MANAMA // Organisers of the Bahrain Grand Prix have for several weeks now proclaimed they are ready to welcome Formula One's travelling circus and they are proving true to their word as the F1 fraternity coasts through the kingdom's international airport.
Yet only a few miles away, media accustomed to writing about tyre compounds have instead found themselves focusing on the unrest.
Those travelling to the Gulf nation ahead of the fourth round of the world championship this weekend have, despite fears of a crackdown on the media, negotiated the airport with relative ease.
Special pre-arranged grand prix visas have ensured quick customs processing, while the busy, poster-laden road between the arrivals lounge and the capital, Manama, has proved busy but not a problem.
The 24 drivers, the majority of whom stopped in the UAE on route, have been trickling in since Monday, while the cars arrived on Tuesday.
Engineers are busy setting up the garages ahead of Friday's opening practice session, which will be the first time the F1 machines have taken to the track at Sakhir International Circuit in more than two years.
Last season's race was cancelled due to violence in the country and, as has been widely reported, the problems facing the controversial race lie not in the capital, but further afield.
In rural villages protests have gone on much like they have for the past 14 months. The primary difference is that now the protesters have a tangible international audience.
British motorsports journalists who arrived immediately after Sunday's Chinese Grand Prix have reported from marches and more are planned for Saturday and Sunday.
Last night, security forces fired stun grenades at protesters during a cultural exhibition for the grand prix, while earlier in the day dozens of people confronted the kingdom's crown prince in a neighbourhood known to be an opposition stronghold.
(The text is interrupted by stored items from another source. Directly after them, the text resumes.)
-- ===== src/Storage/Planner/Provenance.antt =====
-- rdb-analyzer/src/storage_plan/planner.rs: where the keys of a plan come from, and which nodes its
-- references name.
use refine_db.Prelude.{
  Bool, true, false, Option, none, some, String, str_eq, str_lt, if◌then◌else◌, List, [], ◌∷◌,
  lookup, Option-cases, Bool-cases, inl, inr, ◌≡◌, subst,
}
use refine_db.Prelude.{◌∙◌, not}
use refine_db.Schema.{field_type_eq, FieldType, table, primitive, set, CompiledSchema}
use refine_db.Storage.{
  StorageKey, StorageNode, storage_node, SetNode, no_set, set_of, Children, no_child, child,
  get_child, insert_child,
}
use refine_db.Storage
use refine_db.Storage.Planner.{
  OldTreePoint, contains_storage_key, reduce_set, validate_type, find_child, resolve_subfield,
  table_of,
}
use refine_db.Storage.Planner.Generate.{and_then}

abbrev pub IsIn : StorageKey → List StorageKey → Type 0
IsIn k ks = contains_storage_key k ks ≡ true

same_child :
    (a n : String) (y x : StorageNode StorageKey)
    → ◌≡◌ {A = Option (String × StorageNode StorageKey)} (some (a, y)) (some (n, x))
    → some y ≡ some x
same_child a n y x h = cc

module _ (P : StorageKey → Type 0) where
  -- Every key of a node and of the nodes below it has the property.
  abbrev mutual
    pub AllKeys : StorageNode StorageKey → Type 0
    AllKeys (storage_node k f r s c) = P k × AllSetKeys s × AllChildrenKeys c

    pub AllSetKeys : SetNode StorageKey → Type 0
    AllSetKeys no_set = Unit
    AllSetKeys (set_of x) = AllKeys x

    pub AllChildrenKeys : Children StorageKey → Type 0
    AllChildrenKeys no_child = Unit
    AllChildrenKeys (child _ x cs) = AllKeys x × AllChildrenKeys cs

  abbrev pub ReferenceIn : List StorageKey → Option StorageKey → Type 0
  ReferenceIn path none = Unit
  ReferenceIn path (some r) = IsIn r path

  -- Moreover each reference names a node on the path from the export, whose keys are `path`.
  abbrev mutual
    pub IsLinked : List StorageKey → StorageNode StorageKey → Type 0
    IsLinked path (storage_node k f r s c) =
        P k × ReferenceIn path r × SetIsLinked (k ∷ path) s × ChildrenAreLinked (k ∷ path) c

    pub SetIsLinked : List StorageKey → SetNode StorageKey → Type 0
    SetIsLinked path no_set = Unit
    SetIsLinked path (set_of x) = IsLinked path x

    pub ChildrenAreLinked : List StorageKey → Children StorageKey → Type 0
    ChildrenAreLinked path no_child = Unit
    ChildrenAreLinked path (child _ x cs) = IsLinked path x × ChildrenAreLinked path cs

  ChildrenAreLinked-if :
      (b : Bool) (path : List StorageKey) (c d : Children StorageKey)
      → ChildrenAreLinked path c
      → ChildrenAreLinked path d
      → ChildrenAreLinked path (if b then c else d)
  ChildrenAreLinked-if true path c d h i = h
  ChildrenAreLinked-if false path c d h i = i

  pub insert_child-ChildrenAreLinked :
      (path : List StorageKey) (name : String) (x : StorageNode StorageKey)
      (c : Children StorageKey)
      → IsLinked path x
      → ChildrenAreLinked path c
      → ChildrenAreLinked path (insert_child name x c)
  unfolding insert_child
  insert_child-ChildrenAreLinked path name x no_child h hc = (h, tt)
  insert_child-ChildrenAreLinked path name x (child n y cs) h (hy, hc) =
      ChildrenAreLinked-if (str_eq n name) path (child name x cs) _ (h, hc)
        (ChildrenAreLinked-if (str_lt name n) path (child name x (child n y cs)) _ (h, (hy, hc))
          (hy, insert_child-ChildrenAreLinked path name x cs h hc))

  get_child-AllKeys :
      (name : String) (c : Children StorageKey) (x : StorageNode StorageKey)
      → AllChildrenKeys c
      → get_child name c ≡ some x
      → AllKeys x
  unfolding get_child
  get_child-AllKeys name no_child x h e = cc
  get_child-AllKeys name (child n y cs) x (h, hs) e = elim (Bool-cases (str_eq n name)) [
    | inl p ↦ subst AllKeys (cc (rw p at e)) h
    | inr p ↦ get_child-AllKeys name cs x hs (rw p at e)
  ]

  -- A point of the old tree below which every key has the property, if there is one.
  abbrev pub IsOld : Option OldTreePoint → Type 0
  IsOld none = Unit
  IsOld (some p) = AllKeys p.node

  pub and_then-IsOld :
      (p : Option OldTreePoint) (f : OldTreePoint → Option OldTreePoint)
      → IsOld p
      → ((q : OldTreePoint) → AllKeys q.node → IsOld (f q))
      → IsOld (and_then p f)
  and_then-IsOld none f h k = tt
  and_then-IsOld (some q) f h k = k q h

  IsOld-if : (b : Bool) (p : OldTreePoint) → AllKeys p.node → IsOld (if b then none else some p)
  IsOld-if true p h = tt
  IsOld-if false p h = h

  pub validate_type-IsOld :
      (ty : FieldType) (p : OldTreePoint) → AllKeys p.node → IsOld (validate_type ty p)
  unfolding validate_type
  validate_type-IsOld ty p h = IsOld-if (not (field_type_eq p.ty ty)) p h

  reduced :
      (name : String) (ty : FieldType) (x : StorageNode StorageKey)
      → AllKeys x
      → IsOld (reduce_set (record { name = name; ty = ty; node = x }))
  unfolding reduce_set
  reduced name (table n) x h = tt
  reduced name (primitive n) x h = tt
  reduced name (set ty) (storage_node k f r no_set c) h = tt
  reduced name (set ty) (storage_node k f r (set_of y) c) (hk, hs, hc) = hs

  pub reduce_set-IsOld : (p : OldTreePoint) → AllKeys p.node → IsOld (reduce_set p)
  reduce_set-IsOld p h = reduced p.name p.ty p.node h

  find_child-AllKeys :
      (altnames : List String) (c : Children StorageKey) (n : String) (x : StorageNode StorageKey)
      → AllChildrenKeys c
      → find_child altnames c ≡ some (n, x)
      → AllKeys x
  unfolding find_child
  find_child-AllKeys [] c n x h e = cc
  find_child-AllKeys (a ∷ altnames) c n x h e = elim (Option-cases (get_child a c)) [
    | inl p ↦ find_child-AllKeys altnames c n x h (rw (p, find_child) at e)
    | inr (y, p) ↦ get_child-AllKeys a c x h (p ∙ same_child a n y x (rw (p, find_child) at e))
  ]

  children-AllKeys : (x : StorageNode StorageKey) → AllKeys x → AllChildrenKeys (Storage.children x)
  children-AllKeys (storage_node k f r s c) (hk, hs, hc) = hc

  pub resolve_subfield-IsOld :
      (old_schema : CompiledSchema) (altnames : List String) (p : OldTreePoint)
      → AllKeys p.node
      → IsOld (resolve_subfield old_schema altnames p)
  unfolding resolve_subfield
  resolve_subfield-IsOld old_schema altnames p h =
      elim (Option-cases (find_child altnames (Storage.children p.node))) [
        | inl e ↦ rw (e, resolve_subfield) tt
        | inr ((name, x), e) ↦
            let hx =
              find_child-AllKeys altnames (Storage.children p.node) name x
                (children-AllKeys p.node h) e in
            elim (Option-cases (table_of old_schema p.ty)) [
              | inl q ↦ rw (e, q, resolve_subfield) tt
              | inr (ty, q) ↦ elim (Option-cases (lookup name ty.fields)) [
                | inl r ↦ rw (e, q, r, resolve_subfield) tt
                | inr (found, r) ↦ rw (e, q, r, resolve_subfield) hx
              ]
            ]
      ]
Nabeel Rajab, the leader of the Bahrain Centre for Human Rights, last night moved to assure Formula One staff will not be targeted this weekend.
"Nobody will harm anybody, no one in a Formula One team, nobody," he said.
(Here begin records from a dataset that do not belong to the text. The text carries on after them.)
-- ===== src/Storage/Planner/Linked.antt =====
-- rdb-analyzer/src/storage_plan/planner.rs: what is known of the keys and references of a node holds
-- by weaker properties and under more nodes.
use refine_db.Prelude.{
  Bool, true, false, ◌||◌, Option, none, some, List, ◌∷◌, bytes_eq, bytes_eq_iff, ◌≡◌, refl,
}
use refine_db.Storage.{
  StorageKey, StorageNode, storage_node, SetNode, no_set, set_of, Children, no_child, child,
}
use refine_db.Storage.Planner.{contains_storage_key}
use refine_db.Storage.Planner.Provenance.{
  IsIn, AllKeys, AllSetKeys, AllChildrenKeys, ReferenceIn, IsLinked, SetIsLinked, ChildrenAreLinked,
}

module _ (P Q : StorageKey → Type 0) (f : (k : StorageKey) → P k → Q k) where
  mutual
    pub AllKeys-map : (x : StorageNode StorageKey) → AllKeys P x → AllKeys Q x
    AllKeys-map (storage_node k g r s c) (hk, hs, hc) =
        (f k hk, AllSetKeys-map s hs, AllChildrenKeys-map c hc)

    pub AllSetKeys-map : (s : SetNode StorageKey) → AllSetKeys P s → AllSetKeys Q s
    AllSetKeys-map no_set h = tt
    AllSetKeys-map (set_of x) h = AllKeys-map x h

    AllChildrenKeys-map : (c : Children StorageKey) → AllChildrenKeys P c → AllChildrenKeys Q c
    AllChildrenKeys-map no_child h = tt
    AllChildrenKeys-map (child n x cs) (h, hs) = (AllKeys-map x h, AllChildrenKeys-map cs hs)

abbrev pub IsWithin : List StorageKey → List StorageKey → Type 0
IsWithin path path' = (k : StorageKey) → IsIn k path → IsIn k path'

or_mono : (b c d : Bool) → (c ≡ true → d ≡ true) → b || c ≡ true → b || d ≡ true
or_mono true c d h e = refl
or_mono false c d h e = h e

or_right : (b c : Bool) → c ≡ true → b || c ≡ true
or_right true c h = refl
or_right false c h = h

pub cons-IsWithin :
    (k : StorageKey) (path path' : List StorageKey)
    → IsWithin path path'
    → IsWithin (k ∷ path) (k ∷ path')
unfolding contains_storage_key
cons-IsWithin k path path' h j e = or_mono (bytes_eq k j) _ _ (h j) e

pub IsIn-tail : (k : StorageKey) (path : List StorageKey) → IsWithin path (k ∷ path)
unfolding contains_storage_key
IsIn-tail k path j e = or_right (bytes_eq k j) _ e

pub IsIn-head : (k : StorageKey) (path : List StorageKey) → IsIn k (k ∷ path)
unfolding contains_storage_key
IsIn-head k path = rw ((bytes_eq_iff k k).1 refl) refl

module _ (P Q : StorageKey → Type 0) (f : (k : StorageKey) → P k → Q k) where
  pub ReferenceIn-map :
      (path path' : List StorageKey)
      → IsWithin path path'
      → (r : Option StorageKey) → ReferenceIn P path r
      → ReferenceIn Q path' r
  ReferenceIn-map path path' w none h = tt
  ReferenceIn-map path path' w (some r) h = w r h

  -- A linked node is linked under more nodes, and by a weaker property.
  mutual
    pub IsLinked-map :
        (path path' : List StorageKey)
        → IsWithin path path'
        → (x : StorageNode StorageKey) → IsLinked P path x
        → IsLinked Q path' x
    IsLinked-map path path' w (storage_node k g r s c) (hk, hr, hs, hc) = (
      f k hk,
      ReferenceIn-map path path' w r hr,
      SetIsLinked-map (k ∷ path) (k ∷ path') (cons-IsWithin k path path' w) s hs,
      ChildrenAreLinked-map (k ∷ path) (k ∷ path') (cons-IsWithin k path path' w) c hc,
    )

    SetIsLinked-map :
        (path path' : List StorageKey)
        → IsWithin path path'
        → (s : SetNode StorageKey) → SetIsLinked P path s
        → SetIsLinked Q path' s
    SetIsLinked-map path path' w no_set h = tt
    SetIsLinked-map path path' w (set_of x) h = IsLinked-map path path' w x h

    pub ChildrenAreLinked-map :
        (path path' : List StorageKey)
        → IsWithin path path'
        → (c : Children StorageKey) → ChildrenAreLinked P path c
        → ChildrenAreLinked Q path' c
    ChildrenAreLinked-map path path' w no_child h = tt
    ChildrenAreLinked-map path path' w (child n x cs) (h, hs) =
        (IsLinked-map path path' w x h, ChildrenAreLinked-map path path' w cs hs)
"Yes, they are angry at the sport, but it's not personal, it's about politics."
Button, when asked whether he had any safety concerns this weekend, issued a firm: "No".
He added: "I trust in the FIA that they know all the information - I don't personally - so we have to trust in their decision.
"I don't think they will ever want to put us at risk. They do a lot on safety for drivers, in terms of the circuits and the cars and what have you, and that's a priority for them.
"So I believe in the FIA's decision.
"If everything is straightforward and nothing happens, it's not even going to be in the back of my mind at all."